L’article 32 du RGPD prévoit que chaque responsable de traitement doit mettre en place des mesures techniques et organisationnelles adaptées au niveau de risque. Cette obligation concerne directement les sites internet des TPE et PME.

En pratique, cela signifie qu’un site professionnel doit être protégé contre :

  • les accès non autorisés ;
  • les pertes de données ;
  • les fuites d’informations ;
  • les cyberattaques ;
  • les erreurs de configuration ;
  • les compromissions de comptes administrateur.

Le RGPD ne fournit pas une liste technique exhaustive. Cependant, les recommandations de la CNIL et les standards actuels de cybersécurité convergent vers plusieurs exigences minimales devenues indispensables.

Pour aller plus loin sur les protections techniques attendues, consultez notre guide complet sur la sécurité site web.

Quels sites internet sont concernés par le RGPD et la sécurité web ?

La majorité des sites de TPE et PME collectent au moins une donnée personnelle. Dès qu’un visiteur transmet une information identifiable, le RGPD s’applique.

Vous êtes concerné si votre site propose :

  • un formulaire de contact ;
  • une demande de devis ;
  • une newsletter ;
  • une boutique en ligne ;
  • un espace client ;
  • des outils statistiques ;
  • des cookies publicitaires ;
  • des formulaires de réservation.

Même un simple formulaire avec nom et adresse email entre dans le périmètre du RGPD. Dans ce cas, votre entreprise devient responsable du traitement des données collectées.

De plus, les outils de tracking marketing, les CRM connectés au site et les plateformes emailing augmentent également les obligations liées à la sécurité des données personnelles.

Les 5 mesures de sécurité web attendues par le RGPD

Le règlement européen impose une logique de protection adaptée au niveau de risque. Certaines mesures techniques sont aujourd’hui considérées comme indispensables pour tout site internet professionnel.

1. HTTPS et certificat SSL

Le protocole HTTPS chiffre les échanges entre le navigateur et le serveur. Il protège les données transmises via les formulaires, les espaces clients ou les connexions administrateur.

Sans HTTPS :

  • les données peuvent être interceptées ;
  • les navigateurs affichent des alertes de sécurité ;
  • la confiance des visiteurs diminue ;
  • Google peut pénaliser le référencement naturel ;
  • les informations sensibles circulent sans chiffrement.

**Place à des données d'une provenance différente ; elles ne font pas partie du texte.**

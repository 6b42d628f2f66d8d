-- ===== src/Operators/Keyed.antt =====
-- What the stateful operators hold for a key, and what they emit.
use mathlib.Core.Option.{some-injective}
use text.Mathlib.TextEquality.{eq_iff}
use gress.Common.{
  ◌≡◌, refl, ap, ◌∙◌, String, Bool, Option, none, some, List, [], ◌∷◌, ◌++◌, if◌then◌else◌, arith,
  string_key, Bool-cases, inl, inr, sym,
}
use gress.Common.Dict.{Dict, get, get-put}
use gress.Stream.{Event}
use gress.Operators.{
  OperatorError, key_or_default, output_event, or_nil, stored, aggregate_process, aggregate_failed,
  current, reduce_failed, reduce_step, reduce_process,
}

-- The result of a function, or what was there before if it returns an error.
abbrev pub kept : {A Err : Type 0} → A → A × Option Err → A
kept old (a, none) = a
kept old (a, some e) = old

module _ {V : Type 0} where
  -- The events of a key.
  abbrev pub select : String → List (Event V) → List (Event V)
  select key [] = []
  select key (event ∷ events) =
      let rest = select key events in
      if string_key.beq (key_or_default event.key) key then event ∷ rest else rest

  select-append :
      (key : String) (xs ys : List (Event V))
      → select key (xs ++ ys) ≡ select key xs ++ select key ys
  select-append key [] ys = refl
  select-append key (x ∷ xs) ys = ground (arith, select-append key xs ys)

module _ {V A Err : Type 0} (nil : A) (aggregate : A → Event V → A × Option Err) where
  pub aggregate_all : List (Event V) → Dict String A → Dict String A
  aggregate_all [] state = state
  aggregate_all (event ∷ events) state =
      aggregate_all events (aggregate_process nil aggregate event state).0

  -- The fold of the events for which the function returns no error.
  abbrev pub fold : A → List (Event V) → A
  fold a [] = a
  fold a (event ∷ events) = fold (kept a (aggregate a event)) events

  fold-append : (a : A) (xs ys : List (Event V)) → fold a (xs ++ ys) ≡ fold (fold a xs) ys
  fold-append a [] ys = refl
  fold-append a (x ∷ xs) ys = fold-append (kept a (aggregate a x)) xs ys

  get-stored :
      (failure : Err → OperatorError Err) (key j : String) (event : Event V) (state : Dict String A)
      (r : A × Option Err)
      → or_nil nil (get (stored failure key event state r).0 j) ≡ (
          if string_key.beq key j
          then kept (or_nil nil (get state j)) r
          else or_nil nil (get state j))
  get-stored failure key j event state (a, none) = rw get-put (ground arith)
  get-stored failure key j event state (a, some e) = ground arith

  get-aggregate_process :
      (event : Event V) (j : String) (state : Dict String A)
      → or_nil nil (get (aggregate_process nil aggregate event state).0 j)
        ≡ fold (or_nil nil (get state j)) (select j (event ∷ []))
  unfolding aggregate_process
  get-aggregate_process event j state =
      let key = key_or_default event.key in
      get-stored aggregate_failed key j event state (aggregate (or_nil nil (get state key)) event)
      ∙ elim (Bool-cases (string_key.beq key j)) [
        | inl e ↦ rw e (rw ((eq_iff key j).0 e) refl)
        | inr e ↦ rw e refl
      ]

  get-aggregate_all :
      (events : List (Event V)) (key : String) (state : Dict String A)
      → or_nil nil (get (aggregate_all events state) key)
        ≡ fold (or_nil nil (get state key)) (select key events)
  unfolding aggregate_all
  get-aggregate_all [] key state = refl
  get-aggregate_all (event ∷ events) key state =
      get-aggregate_all events key (aggregate_process nil aggregate event state).0
      ∙ (rw (get-aggregate_process event key state) (
          sym
            (fold-append (or_nil nil (get state key)) (select key (event ∷ [])) (select key events))
          ∙ ap (fold (or_nil nil (get state key))) (sym (select-append key (event ∷ []) events))))

  -- The events and the error that Process returns for what the function has returned.
  abbrev pub answer :
      String → Event V → A × Option Err → List (Event A) × Option (OperatorError Err)
  answer key event (a, some e) = ([], some (aggregate_failed e))
  answer key event (a, none) = (output_event key a event ∷ [], none)

  answer-stored :
      (key : String) (event : Event V) (state : Dict String A) (r : A × Option Err)
      → (
        (stored aggregate_failed key event state r).1,
        (stored aggregate_failed key event state r).2,
      )
        ≡ answer key event r
  answer-stored key event state (a, some e) = refl
  answer-stored key event state (a, none) = refl

  -- A new aggregate operator answers an event, after any others, with what the function makes of it
  -- and of the fold of the earlier events of its key for which the function has returned no error, or
  -- with the function's error.
  pub aggregate_process-fold :
      (events : List (Event V)) (event : Event V)
      → let key = key_or_default event.key in
        let (state, results, failure) =
          aggregate_process nil aggregate event (aggregate_all events []) in
        (results, failure) ≡ answer key event (aggregate (fold nil (select key events)) event)
  unfolding aggregate_process get
  aggregate_process-fold events event =
      let key = key_or_default event.key in
      let state = aggregate_all events [] in
      answer-stored key event state (aggregate (or_nil nil (get state key)) event)
      ∙ ap (λ a. answer key event (aggregate a event)) (get-aggregate_all events key [])

module _ {V Err : Type 0} (is_nil : V → Bool) (reduce : V → V → V × Option Err) where
  pub reduce_all : List (Event V) → Dict String V → Dict String V
  reduce_all [] state = state
  reduce_all (event ∷ events) state = reduce_all events (reduce_process is_nil reduce event state).0

  -- The values of a key combined from the left: nil counts as no value, an error keeps the value.
  abbrev pub combine : Option V → List (Event V) → Option V
  combine o [] = o
  combine none (event ∷ events) = combine (current is_nil (some event.value)) events
  combine (some v) (event ∷ events) =
      combine (current is_nil (some (kept v (reduce v event.value)))) events

  combine-append :
      (o : Option V) (xs ys : List (Event V)) → combine o (xs ++ ys) ≡ combine (combine o xs) ys
  combine-append o [] ys = refl
  combine-append none (x ∷ xs) ys = combine-append (current is_nil (some x.value)) xs ys
  combine-append (some v) (x ∷ xs) ys =
      combine-append (current is_nil (some (kept v (reduce v x.value)))) xs ys

  -- A value that is not nil is current again.
  current_again :
      (o : Option V) (v : V) → current is_nil o ≡ some v → current is_nil (some v) ≡ some v
  current_again none v e = absurd (ground (arith, e))
  current_again (some w) v e = elim (Bool-cases (is_nil w)) [
    | inl h ↦ absurd (ground (arith, h, e))
    | inr h ↦ rw⁻¹ (some-injective w v (rw h at e)) (rw h refl)
  ]

  current-stored :
      (key j : String) (event : Event V) (state : Dict String V) (v : V) (r : V × Option Err)
      → current is_nil (get state key) ≡ some v
      → current is_nil (get (stored reduce_failed key event state r).0 j) ≡ (
          if string_key.beq key j
          then current is_nil (some (kept v r))
          else current is_nil (get state j))
  current-stored key j event state v (w, none) e = rw get-put (ground arith)
  current-stored key j event state v (w, some x) e = elim (Bool-cases (string_key.beq key j)) [
    | inl h ↦ rw h (rw⁻¹ ((eq_iff key j).0 h) (e ∙ sym (current_again (get state key) v e)))
    | inr h ↦ rw h refl
  ]

  current-reduce_step :
      (key j : String) (event : Event V) (state : Dict String V) (o : Option V)
      → current is_nil (get state key) ≡ o
      → current is_nil (get (reduce_step reduce key event state o).0 j)
        ≡ (if string_key.beq key j then combine o (event ∷ []) else current is_nil (get state j))
  current-reduce_step key j event state none e = rw get-put (ground arith)
  current-reduce_step key j event state (some v) e =
      current-stored key j event state v (reduce v event.value) e

  current-reduce_process :
      (event : Event V) (j : String) (state : Dict String V)
      → current is_nil (get (reduce_process is_nil reduce event state).0 j)
        ≡ combine (current is_nil (get state j)) (select j (event ∷ []))
  unfolding reduce_process
  current-reduce_process event j state =
      let key = key_or_default event.key in
      current-reduce_step key j event state (current is_nil (get state key)) refl
      ∙ elim (Bool-cases (string_key.beq key j)) [
        | inl e ↦ rw e (rw ((eq_iff key j).0 e) refl)
        | inr e ↦ rw e refl
      ]

  current-reduce_all :
      (events : List (Event V)) (key : String) (state : Dict String V)
      → current is_nil (get (reduce_all events state) key)
        ≡ combine (current is_nil (get state key)) (select key events)
  unfolding reduce_all
  current-reduce_all [] key state = refl
  current-reduce_all (event ∷ events) key state =
      current-reduce_all events key (reduce_process is_nil reduce event state).0
      ∙ (rw (current-reduce_process event key state) (
          sym (
            combine-append (current is_nil (get state key)) (select key (event ∷ []))
              (select key events))
          ∙ ap (combine (current is_nil (get state key)))
              (sym (select-append key (event ∷ []) events))))

  -- After any events a new reduce operator goes on, for every key, from the values of the events of
  -- the key combined from the left, where nil counts as no value and an error keeps the value.
  pub reduce_all-combine :
      (events : List (Event V)) (key : String)
      → current is_nil (get (reduce_all events []) key) ≡ combine none (select key events)
  unfolding get
  reduce_all-combine events key = current-reduce_all events key []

Par conséquent, le certificat SSL doit être valide, renouvelé automatiquement et correctement configuré. Vous pouvez aussi renforcer les en-têtes de sécurité web pour limiter certains risques comme le XSS ou le clickjacking.

2. Mises à jour du CMS et des plugins

Les CMS comme WordPress, Prestashop ou Joomla publient régulièrement des correctifs de sécurité. Les pirates exploitent souvent des failles connues sur des sites non maintenus.

Un site non mis à jour peut contenir :

  • des vulnérabilités publiques ;
  • des extensions compromises ;
  • des failles critiques exploitables automatiquement ;
  • des scripts malveillants invisibles ;
  • des risques de vol de données.

Ainsi, les mises à jour régulières font désormais partie des exigences minimales de sécurité web attendues par la CNIL.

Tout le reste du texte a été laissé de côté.